Factored SCPs bridge the gap between influence diagrams and stochastic constraint programming by imposing probabilistic and deterministic factors over decision and random variables [babaki2017stochastic]. And-Or search with branch and bound has been previously used to evaluate influence diagrams when no constraint propagation is involved [YuanWH10]. And-Or search trees have also been used to solve stochastic constraint programs with independent random variables [Walsh02]. Neither of these methods exploits identical subproblems during the search.
Compilation to decision diagrams is a well-known technique in AI with celebrated success in model counting [MuiseMBH12], probabilistic inference [ChoiKD13]
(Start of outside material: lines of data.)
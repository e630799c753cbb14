-- ===== src/Reminder/Normal/Weekdays.antt =====
-- The weekdays of a weekly rule: the loop of `Normalize` drops repetitions and the sort puts them in
-- order; a list that is in order already comes back unchanged.
use sajni_api.Prelude.{ok}
use sajni_api.Prelude.{
  Bool, true, false, not, ◌&&◌, ◌||◌, List, [], ◌∷◌, ◌++◌, if◌then◌else◌, ◌≡◌, arith, ◌⊎◌, refl,
  sym, ap, ◌∙◌,
}
use mathlib.Core.List.{append-nil, append_assoc}
use sajni_api.Prelude.Int.{ℤ, ltb_ℤ, eqb_ℤ}
use sajni_api.Reminder.Rule.{
  out_of_range, contains_int, distinct_weekdays, insert_int, sort_ints, is_empty,
}

abbrev pub all_above : ℤ → List ℤ → Bool
all_above x [] = true
all_above x (y ∷ ys) = ltb_ℤ x y && all_above x ys

-- In order, none twice.
abbrev pub is_ascending : List ℤ → Bool
is_ascending [] = true
is_ascending (x ∷ xs) = all_above x xs && is_ascending xs

abbrev pub in_week : List ℤ → Bool
in_week [] = true
in_week (x ∷ xs) = not (out_of_range x 0 6) && in_week xs

abbrev pub none_twice : List ℤ → Bool
none_twice [] = true
none_twice (x ∷ xs) = not (contains_int xs x) && none_twice xs

in_week-insert_int : (a : ℤ) (xs : List ℤ) → in_week (insert_int a xs) ≡ in_week (a ∷ xs)
unfolding insert_int
in_week-insert_int a [] = refl
in_week-insert_int a (x ∷ xs) = ground (arith, in_week-insert_int a xs)

pub in_week-sort_ints : (xs : List ℤ) → in_week (sort_ints xs) ≡ in_week xs
unfolding sort_ints
in_week-sort_ints [] = refl
in_week-sort_ints (x ∷ xs) =
    ground (arith, in_week-insert_int x (sort_ints xs), in_week-sort_ints xs)

contains-insert_int :
    (a b : ℤ) (xs : List ℤ) → contains_int (insert_int a xs) b ≡ contains_int (a ∷ xs) b
unfolding insert_int contains_int
contains-insert_int a b [] = refl
contains-insert_int a b (x ∷ xs) = ground (arith, contains-insert_int a b xs)

contains-cons :
    (x b : ℤ) (xs ys : List ℤ)
    → contains_int xs b ≡ contains_int ys b
    → contains_int (x ∷ xs) b ≡ contains_int (x ∷ ys) b
unfolding contains_int
contains-cons x b xs ys h = ap (λ t. eqb_ℤ x b || t) h

contains-sort_ints : (b : ℤ) (xs : List ℤ) → contains_int (sort_ints xs) b ≡ contains_int xs b
unfolding sort_ints
contains-sort_ints b [] = refl
contains-sort_ints b (x ∷ xs) =
    contains-insert_int x b (sort_ints xs)
    ∙ contains-cons x b (sort_ints xs) xs (contains-sort_ints b xs)

all_above-insert_int :
    (z a : ℤ) (xs : List ℤ) → all_above z (insert_int a xs) ≡ all_above z (a ∷ xs)
unfolding insert_int
all_above-insert_int z a [] = refl
all_above-insert_int z a (x ∷ xs) = ground (arith, all_above-insert_int z a xs)

all_above_trans :
    (a x : ℤ) (xs : List ℤ) → ltb_ℤ a x ≡ true → all_above x xs ≡ true → all_above a xs ≡ true
all_above_trans a x [] h k = refl
all_above_trans a x (y ∷ ys) h k = ground (arith, all_above_trans a x ys h)

insert_int-ascending :
    (a : ℤ) (xs : List ℤ)
    → contains_int xs a ≡ false
    → is_ascending xs ≡ true
    → is_ascending (insert_int a xs) ≡ true
unfolding insert_int contains_int
insert_int-ascending a [] h s = refl
insert_int-ascending a (x ∷ xs) h s =
    ground (arith, insert_int-ascending a xs, all_above-insert_int x a xs, all_above_trans a x xs)

pub sort_ascending : (xs : List ℤ) → none_twice xs ≡ true → is_ascending (sort_ints xs) ≡ true
unfolding sort_ints
sort_ascending [] h = refl
sort_ascending (x ∷ xs) h =
    ground
      (arith, insert_int-ascending x (sort_ints xs), contains-sort_ints x xs, sort_ascending xs)

is_empty-insert_int : (a : ℤ) (xs : List ℤ) → is_empty (insert_int a xs) ≡ false
unfolding insert_int
is_empty-insert_int a [] = refl
is_empty-insert_int a (x ∷ xs) = ground arith

pub is_empty-sort_ints : (xs : List ℤ) → is_empty (sort_ints xs) ≡ is_empty xs
unfolding sort_ints
is_empty-sort_ints [] = refl
is_empty-sort_ints (x ∷ xs) = is_empty-insert_int x (sort_ints xs)

in_week-snoc :
    (xs : List ℤ) (a : ℤ) → in_week (xs ++ a ∷ []) ≡ (in_week xs && not (out_of_range a 0 6))
in_week-snoc [] a = ground arith
in_week-snoc (x ∷ xs) a = ground (arith, in_week-snoc xs a)

contains-snoc :
    (xs : List ℤ) (a b : ℤ) → contains_int (xs ++ a ∷ []) b ≡ (contains_int xs b || eqb_ℤ a b)
unfolding contains_int
contains-snoc [] a b = ground arith
contains-snoc (x ∷ xs) a b = ground (arith, contains-snoc xs a b)

none_twice-snoc :
    (xs : List ℤ) (a : ℤ)
    → none_twice xs ≡ true
    → contains_int xs a ≡ false
    → none_twice (xs ++ a ∷ []) ≡ true
unfolding contains_int
none_twice-snoc [] a h n = refl
none_twice-snoc (x ∷ xs) a h n = ground (arith, none_twice-snoc xs a, contains-snoc xs a x)

is_empty-snoc : (xs : List ℤ) (a : ℤ) → is_empty (xs ++ a ∷ []) ≡ false
is_empty-snoc [] a = refl
is_empty-snoc (x ∷ xs) a = refl

contains_int-some : (xs : List ℤ) (a : ℤ) → contains_int xs a ≡ true → is_empty xs ≡ false
unfolding contains_int
contains_int-some [] a h = cc
contains_int-some (x ∷ xs) a h = refl

-- What the loop keeps: weekdays in range, none twice, and one at least if there was any.
pub distinct_weekdays_lem :
    (seen given kept : List ℤ)
    → distinct_weekdays seen given ≡ ok kept
    → in_week seen ≡ true
    → none_twice seen ≡ true
    → (is_empty seen ≡ false) ⊎ (is_empty given ≡ false)
    → (in_week kept ≡ true) × (none_twice kept ≡ true) × (is_empty kept ≡ false)
unfolding distinct_weekdays
distinct_weekdays_lem seen [] kept h w t s = ground arith
distinct_weekdays_lem seen (d ∷ ds) kept h w t s = ground (
  arith,
  distinct_weekdays_lem (if contains_int seen d then seen else seen ++ d ∷ []) ds kept,
  in_week-snoc seen d,
  none_twice-snoc seen d,
  is_empty-snoc seen d,
  contains_int-some seen d,
)

-- Every element of the first list is below the second one's elements.
abbrev below : List ℤ → List ℤ → Bool
below [] ys = true
below (x ∷ xs) ys = all_above x ys && below xs ys

below-snoc :
    (seen ys : List ℤ) (y : ℤ)
    → below seen (y ∷ ys) ≡ true
    → all_above y ys ≡ true
    → below (seen ++ y ∷ []) ys ≡ true
below-snoc [] ys y h k = ground arith
below-snoc (x ∷ seen) ys y h k = ground (arith, below-snoc seen ys y)

below-not_contains :
    (seen ys : List ℤ) (y : ℤ) → below seen (y ∷ ys) ≡ true → contains_int seen y ≡ false
unfolding contains_int
below-not_contains [] ys y h = refl
below-not_contains (x ∷ seen) ys y h = ground (arith, below-not_contains seen ys y)

distinct_from :
    (seen ws : List ℤ)
    → below seen ws ≡ true
    → in_week ws ≡ true
    → is_ascending ws ≡ true
    → distinct_weekdays seen ws ≡ ok (seen ++ ws)
unfolding distinct_weekdays
distinct_from seen [] b w s = ap ok (sym (append-nil seen))
distinct_from seen (y ∷ ys) b w s =
    let new = below-not_contains seen ys y b in
    let ih =
      distinct_from (seen ++ y ∷ []) ys (ground (arith, below-snoc seen ys y)) (ground arith)
        (ground arith) in
    rw new (ground (arith, ih, append_assoc seen (y ∷ []) ys))

pub distinct_ascending :
    (ws : List ℤ) → in_week ws ≡ true → is_ascending ws ≡ true → distinct_weekdays [] ws ≡ ok ws
distinct_ascending ws w s = distinct_from [] ws refl w s

insert_int-first : (x : ℤ) (xs : List ℤ) → all_above x xs ≡ true → insert_int x xs ≡ x ∷ xs
unfolding insert_int
insert_int-first x [] h = refl
insert_int-first x (y ∷ ys) h = ground arith

pub sort_fixed : (xs : List ℤ) → is_ascending xs ≡ true → sort_ints xs ≡ xs
unfolding sort_ints
sort_fixed [] h = refl
sort_fixed (x ∷ xs) h =
    ap (insert_int x) (sort_fixed xs (ground arith)) ∙ insert_int-first x xs (ground arith)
, probabilistic logic programming[FierensBRSGTJR15], and planning [SpeckGM18, HoeySHB99]
, among others. Recently, decision diagrams have received attention in combinatorial optimization, too. However, in most of these studies the construction of decision diagrams is problem-specific. A notable exception is the work of[UnaGSS19] which proposes methods for compilation of CP subproblems to decision diagrams. This study proposes sophisticated methods for identification of identical subproblems, which require interaction with the propagation algorithms.
Scenario-based approaches are approximate methods that solve SCP problems by sampling a subset of possible scenarios from the probability distribution [TarimMW06, HemmiT018]. Our work demonstrates that it is possible to take all scenarios into account without the need to explicitly enumerate them.
7 Conclusion & Future Work
We presented a method for compiling factored stochastic constraint programs into And-Or decision diagrams. Our experiments demonstrate the advantages of such a compilation, especially when there is a lot of redundancy in the search space.
Decision diagrams have been successfully used in combinatorial optimization for obtaining bounds [BergmanCHH16]. A direction for future work is to devise compilation methods that create relaxed And-Or decision diagrams, which can then be used for obtaining bounds during search. There exists some recent work on using more sophisticated techniques for identification of equivalent and dominant subproblems [UnaGSS19, ChuBS12]. This motivates future work on subproblem identification in And-Or search.
The SCP problems usually include chance constraints, i.e. constraints that should be satisfied at least in a certain fraction of possible scenarios. Our current formalism only considers hard constraints. Generalizing this work to include chance constraints is another promising direction for future work.